_Task details_
Return, word for word, the lines running from the one that contains "rows cols (add_product" to the final line of the listing below.

_Data supplied_
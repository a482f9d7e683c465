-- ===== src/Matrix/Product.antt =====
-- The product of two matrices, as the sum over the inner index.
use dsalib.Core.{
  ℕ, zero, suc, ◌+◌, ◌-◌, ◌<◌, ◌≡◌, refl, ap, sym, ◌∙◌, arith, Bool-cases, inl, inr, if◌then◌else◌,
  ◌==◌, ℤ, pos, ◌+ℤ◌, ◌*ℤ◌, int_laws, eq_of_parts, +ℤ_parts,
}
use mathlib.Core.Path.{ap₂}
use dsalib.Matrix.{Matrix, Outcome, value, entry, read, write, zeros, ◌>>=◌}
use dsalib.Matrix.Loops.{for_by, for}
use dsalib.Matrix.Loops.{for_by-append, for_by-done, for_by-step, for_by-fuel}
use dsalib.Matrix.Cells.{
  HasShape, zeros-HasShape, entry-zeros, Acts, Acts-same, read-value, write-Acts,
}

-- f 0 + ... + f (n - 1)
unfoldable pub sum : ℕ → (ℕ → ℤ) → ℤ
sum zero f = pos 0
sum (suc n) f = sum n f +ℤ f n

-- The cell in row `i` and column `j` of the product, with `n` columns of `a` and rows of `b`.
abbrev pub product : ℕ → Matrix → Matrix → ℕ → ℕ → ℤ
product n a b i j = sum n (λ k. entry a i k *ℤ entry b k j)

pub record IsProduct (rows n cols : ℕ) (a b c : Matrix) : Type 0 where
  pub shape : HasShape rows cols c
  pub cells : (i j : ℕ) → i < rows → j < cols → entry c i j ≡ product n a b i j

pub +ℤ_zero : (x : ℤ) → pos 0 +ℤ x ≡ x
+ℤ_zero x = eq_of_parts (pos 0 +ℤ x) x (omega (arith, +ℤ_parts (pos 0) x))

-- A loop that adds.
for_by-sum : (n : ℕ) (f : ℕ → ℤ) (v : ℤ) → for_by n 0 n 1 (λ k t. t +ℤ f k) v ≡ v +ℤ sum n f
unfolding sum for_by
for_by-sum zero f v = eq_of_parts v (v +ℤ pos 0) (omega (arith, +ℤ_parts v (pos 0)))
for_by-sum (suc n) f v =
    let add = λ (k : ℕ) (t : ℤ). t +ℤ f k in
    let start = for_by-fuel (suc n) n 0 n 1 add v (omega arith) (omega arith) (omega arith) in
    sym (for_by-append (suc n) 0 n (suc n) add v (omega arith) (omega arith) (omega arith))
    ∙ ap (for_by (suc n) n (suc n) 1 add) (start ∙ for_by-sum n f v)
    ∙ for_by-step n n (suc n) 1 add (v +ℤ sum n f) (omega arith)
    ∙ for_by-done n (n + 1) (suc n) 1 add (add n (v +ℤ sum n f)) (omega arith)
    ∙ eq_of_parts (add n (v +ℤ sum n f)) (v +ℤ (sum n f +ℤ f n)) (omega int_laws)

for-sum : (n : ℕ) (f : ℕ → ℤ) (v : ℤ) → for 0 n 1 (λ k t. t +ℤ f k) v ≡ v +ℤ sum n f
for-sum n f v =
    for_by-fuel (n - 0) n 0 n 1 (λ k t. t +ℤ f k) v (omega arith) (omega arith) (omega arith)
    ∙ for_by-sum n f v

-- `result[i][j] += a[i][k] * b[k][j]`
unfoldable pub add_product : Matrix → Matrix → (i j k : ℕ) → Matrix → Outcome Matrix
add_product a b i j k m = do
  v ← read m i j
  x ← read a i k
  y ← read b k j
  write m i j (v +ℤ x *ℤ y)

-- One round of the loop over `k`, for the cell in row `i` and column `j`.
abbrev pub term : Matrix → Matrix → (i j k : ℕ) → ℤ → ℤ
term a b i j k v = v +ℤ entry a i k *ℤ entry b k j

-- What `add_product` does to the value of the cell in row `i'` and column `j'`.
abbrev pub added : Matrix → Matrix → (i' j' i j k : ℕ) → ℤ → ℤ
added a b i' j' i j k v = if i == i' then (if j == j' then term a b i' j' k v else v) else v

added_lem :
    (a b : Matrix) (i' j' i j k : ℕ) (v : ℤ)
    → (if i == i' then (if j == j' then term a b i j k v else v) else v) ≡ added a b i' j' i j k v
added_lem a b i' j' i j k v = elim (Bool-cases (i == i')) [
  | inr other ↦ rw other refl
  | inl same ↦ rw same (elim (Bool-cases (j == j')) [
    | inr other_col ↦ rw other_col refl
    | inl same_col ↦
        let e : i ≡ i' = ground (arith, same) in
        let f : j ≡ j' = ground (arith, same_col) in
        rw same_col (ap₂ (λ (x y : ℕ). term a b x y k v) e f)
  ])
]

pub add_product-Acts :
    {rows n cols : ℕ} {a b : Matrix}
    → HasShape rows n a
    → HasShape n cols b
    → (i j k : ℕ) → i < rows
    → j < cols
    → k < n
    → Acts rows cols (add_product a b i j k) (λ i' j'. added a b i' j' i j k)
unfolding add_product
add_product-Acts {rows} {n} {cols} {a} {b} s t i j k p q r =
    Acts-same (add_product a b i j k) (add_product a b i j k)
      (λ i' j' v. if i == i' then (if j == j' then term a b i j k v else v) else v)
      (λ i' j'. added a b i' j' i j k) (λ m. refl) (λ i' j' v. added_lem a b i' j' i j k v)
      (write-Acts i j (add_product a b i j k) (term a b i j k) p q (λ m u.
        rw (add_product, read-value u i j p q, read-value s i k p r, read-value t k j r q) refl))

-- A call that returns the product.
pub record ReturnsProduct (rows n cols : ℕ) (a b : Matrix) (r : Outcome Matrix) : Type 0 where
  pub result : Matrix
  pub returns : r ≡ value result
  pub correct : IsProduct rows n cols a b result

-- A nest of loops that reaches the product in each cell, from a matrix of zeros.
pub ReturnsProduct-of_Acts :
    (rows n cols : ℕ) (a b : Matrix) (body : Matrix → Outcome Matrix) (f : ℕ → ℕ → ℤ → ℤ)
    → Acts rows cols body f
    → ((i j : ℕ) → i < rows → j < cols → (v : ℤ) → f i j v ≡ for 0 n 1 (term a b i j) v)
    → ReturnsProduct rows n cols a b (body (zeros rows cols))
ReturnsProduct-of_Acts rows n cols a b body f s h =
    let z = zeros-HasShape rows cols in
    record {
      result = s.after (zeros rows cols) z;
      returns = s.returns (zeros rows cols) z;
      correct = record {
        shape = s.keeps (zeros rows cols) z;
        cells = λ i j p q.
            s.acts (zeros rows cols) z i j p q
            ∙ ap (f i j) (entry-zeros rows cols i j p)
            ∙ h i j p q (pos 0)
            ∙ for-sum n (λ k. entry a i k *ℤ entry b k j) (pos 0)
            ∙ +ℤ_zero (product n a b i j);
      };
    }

_Answer area_
    → Acts rows cols (add_product a b i j k) (λ i' j'. added a b i' j' i j k)
unfolding add_product
add_product-Acts {rows} {n} {cols} {a} {b} s t i j k p q r =
    Acts-same (add_product a b i j k) (add_product a b i j k)
      (λ i' j' v. if i == i' then (if j == j' then term a b i j k v else v) else v)
      (λ i' j'. added a b i' j' i j k) (λ m. refl) (λ i' j' v. added_lem a b i' j' i j k v)
      (write-Acts i j (add_product a b i j k) (term a b i j k) p q (λ m u.
        rw (add_product, read-value u i j p q, read-value s i k p r, read-value t k j r q) refl))

-- A call that returns the product.
pub record ReturnsProduct (rows n cols : ℕ) (a b : Matrix) (r : Outcome Matrix) : Type 0 where
  pub result : Matrix
  pub returns : r ≡ value result
  pub correct : IsProduct rows n cols a b result

-- A nest of loops that reaches the product in each cell, from a matrix of zeros.
pub ReturnsProduct-of_Acts :
    (rows n cols : ℕ) (a b : Matrix) (body : Matrix → Outcome Matrix) (f : ℕ → ℕ → ℤ → ℤ)
    → Acts rows cols body f
    → ((i j : ℕ) → i < rows → j < cols → (v : ℤ) → f i j v ≡ for 0 n 1 (term a b i j) v)
    → ReturnsProduct rows n cols a b (body (zeros rows cols))
ReturnsProduct-of_Acts rows n cols a b body f s h =
    let z = zeros-HasShape rows cols in
    record {
      result = s.after (zeros rows cols) z;
      returns = s.returns (zeros rows cols) z;
      correct = record {
        shape = s.keeps (zeros rows cols) z;
        cells = λ i j p q.
            s.acts (zeros rows cols) z i j p q
            ∙ ap (f i j) (entry-zeros rows cols i j p)
            ∙ h i j p q (pos 0)
            ∙ for-sum n (λ k. entry a i k *ℤ entry b k j) (pos 0)
            ∙ +ℤ_zero (product n a b i j);
      };
    }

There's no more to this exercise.